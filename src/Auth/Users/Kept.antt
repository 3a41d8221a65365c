-- ===== src/Auth/Users/Kept.antt =====
-- What every request to the service of users keeps, if the creation and the update of a user keep it.
mod Columns
use komachi.Base.{
  ◌≡◌, refl, Bool, true, false, Text, List, Result, ok, err, pure, ◌>>=◌, [], ◌==◌, length, leb,
}
use komachi.Auth.Users.Store
use komachi.Auth.Users.Store.{
  User, Users, UserError, Setup, World, Call, Statement, statement, at_step, answer_or_fault,
  or_failed, select, set_where, write, update_columns, has_id, has_role, role_admin, swap_hashes,
  holds_hashes, not_found, already_exists, invalid_credentials, password_too_short,
  remote_user_email_conflict, user_store_unavailable, failed, invalid_role, admin_cannot_be_deleted,
  last_admin_cannot_be_demoted, editor_limit_reached,
}
use komachi.Auth.Users.Transactions.{bound, in_transaction}
use komachi.Auth.Users.Valid.{KeepsKeys}
use komachi.Auth.Users.Rules.{
  Keeps, Relies, pure-Leaves, raise-Leaves, bind-Leaves, statement-Leaves, new_hash-Leaves,
  new_password-Leaves, lookup-Leaves, lookup_user-Leaves, attempt-Keeps, require-Keeps,
  in_transaction-Leaves,
}
use komachi.Auth.Users.Edits.{
  update_in_store, update_user, update_password, delete_user, change_own_password,
}
use komachi.Auth.Users.Creation.{
  create_in_store, create_user, init_unless_found, init_in_store, init_default_admin,
  or_by_email_if_missing, lookup_remote_user_by_identifier, existing_or_conflict,
  created_or_existing, found_or_created, get_or_create_remote_user, admin_or_created,
  reset_admin_user_password, invite_in_store, invite_user, complete_in_store, complete_invite,
  default_if_empty, default_admin_username, default_admin_email, remote_email, min_password_length,
}
use komachi.Auth.Users.Requests.{
  Request, create, init_admin, remote, reset_admin, invite, complete, update, set_password,
  change_password, delete, consume_code, set_pending_secret, enable_codes, disable_codes, perform,
}
use komachi.Auth.Users.Kept.Columns.{
  find-Keeps, write-Keeps, update_columns-Keeps, swap_hashes-Keeps, set_password-Keeps,
  set_must-Keeps, update_password-Keeps, change_own_password-Keeps,
}

module _ (I : Users → Type 0) (R : Setup → Type 0) (relies : (c : Setup) → R c → Relies I c)
    (binds : (c : Setup) → R c → R (bound c))
    (columns : (q : User → Bool) (f : User → User)
      → KeepsKeys f
      → (rows : Users) → I rows
      → I (set_where q f rows)) where
  same : (rows : Users) → I rows → I rows
  same rows i = i

  module _
      (creates : (username email password role : Text) (c : Setup)
        → R c
        → c.postgres ≡ false
        → Keeps I (create_in_store username email password role c))
      (edits : (id username email password role : Text) (c : Setup)
        → R c
        → c.postgres ≡ false
        → Keeps I (update_in_store id username email password role c)) where
    any_answer : {A : Type 0} {m : Call A} → Keeps I m → Keeps I (m >>= λ _. pure tt)
    any_answer h = bind-Leaves I h (λ _. pure-Leaves I same)

    transaction-Keeps :
        {A : Type 0} (c : Setup) (work : Setup → Call A)
        → R c
        → ((d : Setup) → R d → d.postgres ≡ false → Keeps I (work d))
        → Keeps I (in_transaction c work)
    transaction-Keeps c work r h =
        in_transaction-Leaves I c work (relies c r) (λ _. h (bound c) (binds c r) refl)
          (λ e. h c r e)

    create_user-Keeps :
        (c : Setup)
        → R c
        → (username email password role : Text)
        → Keeps I (create_user c username email password role)
    unfolding create_user
    create_user-Keeps c r username email password role =
        transaction-Keeps c (create_in_store username email password role) r
          (creates username email password role)

    update_user-Keeps :
        (c : Setup)
        → R c
        → (id username email password role : Text)
        → Keeps I (update_user c id username email password role)
    unfolding update_user
    update_user-Keeps c r id username email password role =
        transaction-Keeps c (update_in_store id username email password role) r
          (edits id username email password role)

    init_unless_found-Keeps :
        (c : Setup)
        → R c
        → (username email password : Text) (found : Result UserError User)
        → Keeps I (init_unless_found username email password c found)
    init_unless_found-Keeps c r username email password (ok admin) = pure-Leaves I same
    init_unless_found-Keeps c r username email password (err e) =
        bind-Leaves I
          (require-Keeps I (leb min_password_length (length password)) password_too_short)
          λ _. any_answer (
            create_user-Keeps c r (default_if_empty username default_admin_username)
              (default_if_empty email default_admin_email) password role_admin)

    init_default_admin-Keeps :
        (c : Setup)
        → R c
        → (username email password : Text) → Keeps I (init_default_admin c username email password)
    unfolding init_default_admin init_in_store
    init_default_admin-Keeps c r username email password =
        transaction-Keeps c (init_in_store username email password) r λ d s _.
          bind-Leaves I
            (attempt-Keeps I (find-Keeps I R relies binds columns d s (has_role role_admin)))
            (init_unless_found-Keeps d s username email password)

    invite_user-Keeps :
        (c : Setup)
        → R c
        → (username email role : Text) → Keeps I (invite_user c username email role)
    unfolding invite_user invite_in_store
    invite_user-Keeps c r username email role =
        transaction-Keeps c (invite_in_store username email role) r λ d s _.
          bind-Leaves I (new_password-Leaves I d same) λ password.
            bind-Leaves I (create_user-Keeps d s username email password role) λ u.
              bind-Leaves I (set_must-Keeps I R relies binds columns d s u.id true)
                λ _. pure-Leaves I same

    complete_invite-Keeps :
        (c : Setup) → R c → (id password : Text) → Keeps I (complete_invite c id password)
    unfolding complete_invite complete_in_store
    complete_invite-Keeps c r id password =
        transaction-Keeps c (complete_in_store id password) r λ d s _.
          bind-Leaves I (update_password-Keeps I R relies binds columns d s id password)
            λ _. set_must-Keeps I R relies binds columns d s id false

    or_by_email_if_missing-Keeps :
        (c : Setup)
        → R c
        → (identifier : Text) (found : Result UserError User)
        → Keeps I (or_by_email_if_missing c identifier found)
    or_by_email_if_missing-Keeps c r identifier (ok u) = pure-Leaves I same
    or_by_email_if_missing-Keeps c r identifier (err not_found) =
        find-Keeps I R relies binds columns c r (λ u. u.email == identifier)
    or_by_email_if_missing-Keeps c r identifier (err _) = raise-Leaves I same

    lookup_remote-Keeps :
        (c : Setup)
        → R c
        → (identifier : Text) → Keeps I (lookup_remote_user_by_identifier c identifier)
    unfolding lookup_remote_user_by_identifier
    lookup_remote-Keeps c r identifier =
        bind-Leaves I
          (attempt-Keeps I
            (find-Keeps I R relies binds columns c r (λ u. u.username == identifier)))
          (or_by_email_if_missing-Keeps c r identifier)

    existing_or_conflict-Keeps :
        (found : Result UserError User) → Keeps I (existing_or_conflict found)
    existing_or_conflict-Keeps (ok u) = pure-Leaves I same
    existing_or_conflict-Keeps (err e) = raise-Leaves I same

    created_or_existing-Keeps :
        (c : Setup)
        → R c
        → (identifier : Text) (created : Result UserError User)
        → Keeps I (created_or_existing c identifier created)
    created_or_existing-Keeps c r identifier (ok u) = pure-Leaves I same
    created_or_existing-Keeps c r identifier (err already_exists) =
        bind-Leaves I (attempt-Keeps I (lookup_remote-Keeps c r identifier))
          existing_or_conflict-Keeps
    created_or_existing-Keeps c r identifier (err _) = raise-Leaves I same

    found_or_created-Keeps :
        (c : Setup)
        → R c
        → (identifier email role : Text) (found : Result UserError User)
        → Keeps I (found_or_created c identifier email role found)
    found_or_created-Keeps c r identifier email role (ok u) = pure-Leaves I same
    found_or_created-Keeps c r identifier email role (err not_found) =
        bind-Leaves I (new_password-Leaves I c same) λ password.
          bind-Leaves I
            (attempt-Keeps I
              (create_user-Keeps c r identifier (remote_email identifier email) password role))
            (created_or_existing-Keeps c r identifier)
    found_or_created-Keeps c r identifier email role (err _) = raise-Leaves I same

    get_or_create_remote_user-Keeps :
        (c : Setup)
        → R c
        → (identifier email role : Text)
        → Keeps I (get_or_create_remote_user c identifier email role)
    unfolding get_or_create_remote_user
    get_or_create_remote_user-Keeps c r identifier email role =
        bind-Leaves I (attempt-Keeps I (lookup_remote-Keeps c r identifier))
          (found_or_created-Keeps c r identifier email role)

    admin_or_created-Keeps :
        (c : Setup)
        → R c
        → (username email password : Text) (found : Result UserError User)
        → Keeps I (admin_or_created c username email password found)
    admin_or_created-Keeps c r username email password (ok u) = pure-Leaves I same
    admin_or_created-Keeps c r username email password (err not_found) =
        create_user-Keeps c r (default_if_empty username default_admin_username)
          (default_if_empty email default_admin_email) password role_admin
    admin_or_created-Keeps c r username email password (err _) = raise-Leaves I same

    reset_admin_user_password-Keeps :
        (c : Setup)
        → R c
        → (username email : Text) → Keeps I (reset_admin_user_password c username email)
    unfolding reset_admin_user_password
    reset_admin_user_password-Keeps c r username email =
        bind-Leaves I (new_password-Leaves I c same) λ password.
          bind-Leaves I
            (attempt-Keeps I (find-Keeps I R relies binds columns c r (has_role role_admin)))
            λ found.
              bind-Leaves I (admin_or_created-Keeps c r username email password found) λ admin.
                bind-Leaves I (update_password-Keeps I R relies binds columns c r admin.id password)
                  λ _. pure-Leaves I {a = record admin { password = password }} same

    pub perform-Keeps :
        (c : Setup)
        → R c
        → (request : Request) → ((id : Text) → request ≡ delete id → Keeps I (delete_user c id))
        → Keeps I (perform c request)
    unfolding perform
    perform-Keeps c r (create username email password role) d =
        any_answer (create_user-Keeps c r username email password role)
    perform-Keeps c r (init_admin username email password) d =
        init_default_admin-Keeps c r username email password
    perform-Keeps c r (remote identifier email role) d =
        any_answer (get_or_create_remote_user-Keeps c r identifier email role)
    perform-Keeps c r (reset_admin username email) d =
        any_answer (reset_admin_user_password-Keeps c r username email)
    perform-Keeps c r (invite username email role) d =
        any_answer (invite_user-Keeps c r username email role)
    perform-Keeps c r (complete id password) d = complete_invite-Keeps c r id password
    perform-Keeps c r (update id username email password role) d =
        any_answer (update_user-Keeps c r id username email password role)
    perform-Keeps c r (set_password id password) d =
        update_password-Keeps I R relies binds columns c r id password
    perform-Keeps c r (change_password id old new) d =
        change_own_password-Keeps I R relies binds columns c r id old new
    perform-Keeps c r (delete id) d = d id refl
    perform-Keeps c r (consume_code id old new) d =
        any_answer (swap_hashes-Keeps I R relies binds columns c r id old new)
    perform-Keeps c r (set_pending_secret id secret) d =
        update_columns-Keeps I R relies binds columns c r id
          (λ u. record u { totp_secret_encrypted = secret })
          (record { id = λ r. refl; username = λ r. refl; email = λ r. refl; role = λ r. refl })
    perform-Keeps c r (enable_codes id secret hashes) d =
        update_columns-Keeps I R relies binds columns c r id
          (λ u. record u {
            totp_secret_encrypted = secret;
            totp_enabled = true;
            totp_recovery_code_hashes = hashes;
          })
          (record { id = λ r. refl; username = λ r. refl; email = λ r. refl; role = λ r. refl })
    perform-Keeps c r (disable_codes id) d =
        update_columns-Keeps I R relies binds columns c r id
          (λ u. record u {
            totp_secret_encrypted = [];
            totp_enabled = false;
            totp_recovery_code_hashes = [];
          })
          (record { id = λ r. refl; username = λ r. refl; email = λ r. refl; role = λ r. refl })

────────

### [EXERCISE INSTRUCTIONS]
The lines sought are those in the data above that include the string "statement"; copy each one.

### [WRITTEN ANSWER]
  User, Users, UserError, Setup, World, Call, Statement, statement, at_step, answer_or_fault,
  Keeps, Relies, pure-Leaves, raise-Leaves, bind-Leaves, statement-Leaves, new_hash-Leaves,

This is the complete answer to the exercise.